Talk amongst yourselves.....


----------



## GerardV (May 17, 2009)

The jerks aren't limited to the boaters. A few days ago I was fishing at Leib's and there was a gentleman fishing from the shore with two lines in the water. He wasn't bothering anyone, just fishing his spot and doing it right.

Another guy comes up with a long pole that was rigged with a small jig and bobber. The rig was designed to work along the shore and the bobber was set to keep the jig at the fisherman's preferred depth.

All was well, right until the jig fisherman kept crossing the other guy's line. He did it at least three times and each time said, "sorry, I can't see your line." 

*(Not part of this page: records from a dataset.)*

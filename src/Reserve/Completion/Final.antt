-- ===== src/Reserve/Completion/Final.antt =====
-- The final release of a reserve, when its group is completed.
use myturn_webportal.Prelude.{
  ◌≡◌, refl, sym, ◌∙◌, inr, false, none, some, arith, ◌==◌, ok, ◌≤◌, leb,
}
use myturn_webportal.Prelude.Int.{pos}
use myturn_webportal.Txn.{>>=-ok}
use myturn_webportal.Ledger.Account.{key_eq, member_wallet_reserved, member_wallet_available}
use myturn_webportal.Ledger.Accounts.{get_balance, get_balance-IsSolvent}
use myturn_webportal.Ledger.Moves.{opened, move_between_succeeds}
use myturn_webportal.Ledger.Posting.Journal.{final_release}
use myturn_webportal.Ledger.Posting.Solvency.{IsSolvent}
use myturn_webportal.Ledger.Posting.Transfer.{transferred}
use myturn_webportal.Ledger.Posting.{Ledger, Posted, find_transaction}
use myturn_webportal.Store.Rows.{Reserve}
use myturn_webportal.Store.Lemmas.{in_ledger-ok, find_first-update}
use myturn_webportal.Store.{update_rows, Db, in_ledger}
use myturn_webportal.Reserve.Backing.{
  IsAccounted, IsConsistent, drain-IsConsistent, remaining_le_reserved,
}
use myturn_webportal.Reserve.Completion.{
  FinalRelease, final_released, fully_released, find_reserve, final_transfer, finish_final,
  mark_reserve_fully_released_in_tx, release_final_reserve_on_group_completed_in_tx,
}

abbrev posted_for : Reserve → Db → Posted × Ledger
posted_for r db =
    transferred (final_release r.id) (member_wallet_reserved r.user_id)
      (member_wallet_available r.user_id) (pos r.remaining_reserve_amount)
      (get_balance (member_wallet_reserved r.user_id) db.ledger)
      (get_balance (member_wallet_available r.user_id) db.ledger)
      (opened (member_wallet_reserved r.user_id) (member_wallet_available r.user_id) db.ledger)

-- The database after the final release of a reserve that has something remaining.
abbrev pub closed : Reserve → Db → Db
closed r db = record db {
  ledger = (posted_for r db).1;
  reserves =
      update_rows (λ x. x.id == r.id) (fully_released r r.remaining_reserve_amount) db.reserves;
}

module _ (r : Reserve) (db : Db) (current : find_reserve r.id db.reserves ≡ some r)
    (some_left : 1 ≤ r.remaining_reserve_amount)
    (unused : find_transaction (final_release r.id) db.ledger.transactions ≡ none)
    (consistent : IsConsistent db) (solvent : IsSolvent db.ledger.accounts) where
  final_transfer-goes_through : final_transfer r db.ledger ≡ ok (posted_for r db)
  unfolding find_reserve
  final_transfer-goes_through =
      move_between_succeeds (final_release r.id) (member_wallet_reserved r.user_id)
        (member_wallet_available r.user_id) (pos r.remaining_reserve_amount) db.ledger unused
        (ground arith) (omega arith)
        (inr (
          rw (consistent.backed r.user_id)
            (omega (arith, remaining_le_reserved r.user_id _ db.reserves r current refl))))
        (inr (get_balance-IsSolvent (member_wallet_available r.user_id) db.ledger solvent refl))

  pub release_final-succeeds :
      (release_final_reserve_on_group_completed_in_tx r db
        ≡ ok (final_released r.id r.remaining_reserve_amount, closed r db))
      × (find_reserve r.id (closed r db).reserves
          ≡ some (fully_released r r.remaining_reserve_amount r))
  unfolding release_final_reserve_on_group_completed_in_tx finish_final
      mark_reserve_fully_released_in_tx find_reserve
  release_final-succeeds = (
    run,
    find_first-update (λ x. x.id) (fully_released r r.remaining_reserve_amount) r.id db.reserves r
        (λ x. refl) current,
  )
    where
      run :
          release_final_reserve_on_group_completed_in_tx r db
          ≡ ok (final_released r.id r.remaining_reserve_amount, closed r db)
      run =
          let not_empty : leb r.remaining_reserve_amount 0 ≡ false = ground arith in
          rw not_empty (
            >>=-ok (in_ledger (final_transfer r)) (λ t. finish_final r t.duplicate) db
              (in_ledger-ok (final_transfer r) db final_transfer-goes_through))

  -- A final release that goes through keeps the reserves consistent (ids unique, every reserve
  -- accounted for to the last unit, and every reserved wallet holding what remains of its owner's
  -- reserves).
  release_final-IsConsistent :
      {res : FinalRelease} {db' : Db}
      → release_final_reserve_on_group_completed_in_tx r db ≡ ok (res, db')
      → IsConsistent db'
  unfolding find_reserve
  release_final-IsConsistent {res} {db'} h =
      let same = sym release_final-succeeds.0 ∙ h in
      let e : closed r db ≡ db' = ground arith in
      rw (← e) (
        drain-IsConsistent (final_release r.id) r.user_id (member_wallet_available r.user_id)
          r.remaining_reserve_amount db (closed r db) final_transfer-goes_through consistent _
          (fully_released r r.remaining_reserve_amount) r refl (λ u. refl) current refl
          (λ x. (refl, refl)) (omega arith) account refl)
    where
      account : IsAccounted r → IsAccounted (fully_released r r.remaining_reserve_amount r)
      account a = ground arith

From my vantage point, I think that was complete BS. The guy with the jig also kept trying to fish right in front of other people who were casting, etc. It was almost like he was trying to annoy everyone, or he was unknowingly a complete jerk.

That same day two guys came along in a bass boat and were amazingly polite in how they handled it. Everyone on the shore appreciated it. 

So, things go both ways. 

The sad fact is there are a few jerks out there and the best thing to do is to ignore them. If they push the issue, be polite and ask them to knock it off. It would take a lot for me to start a fight over a place to fish. Yes, it bothers me that if nobody says anything, the jerk wins, which is hard to stomach. 

Fishing in Chicago and Kenosha WI was more orderly than it is here - go figure. I think it comes from people being so close together in other pursuits in big cities. If you didn't follow the well known unwritten rules you put yourself at risk - there it was a serious risk.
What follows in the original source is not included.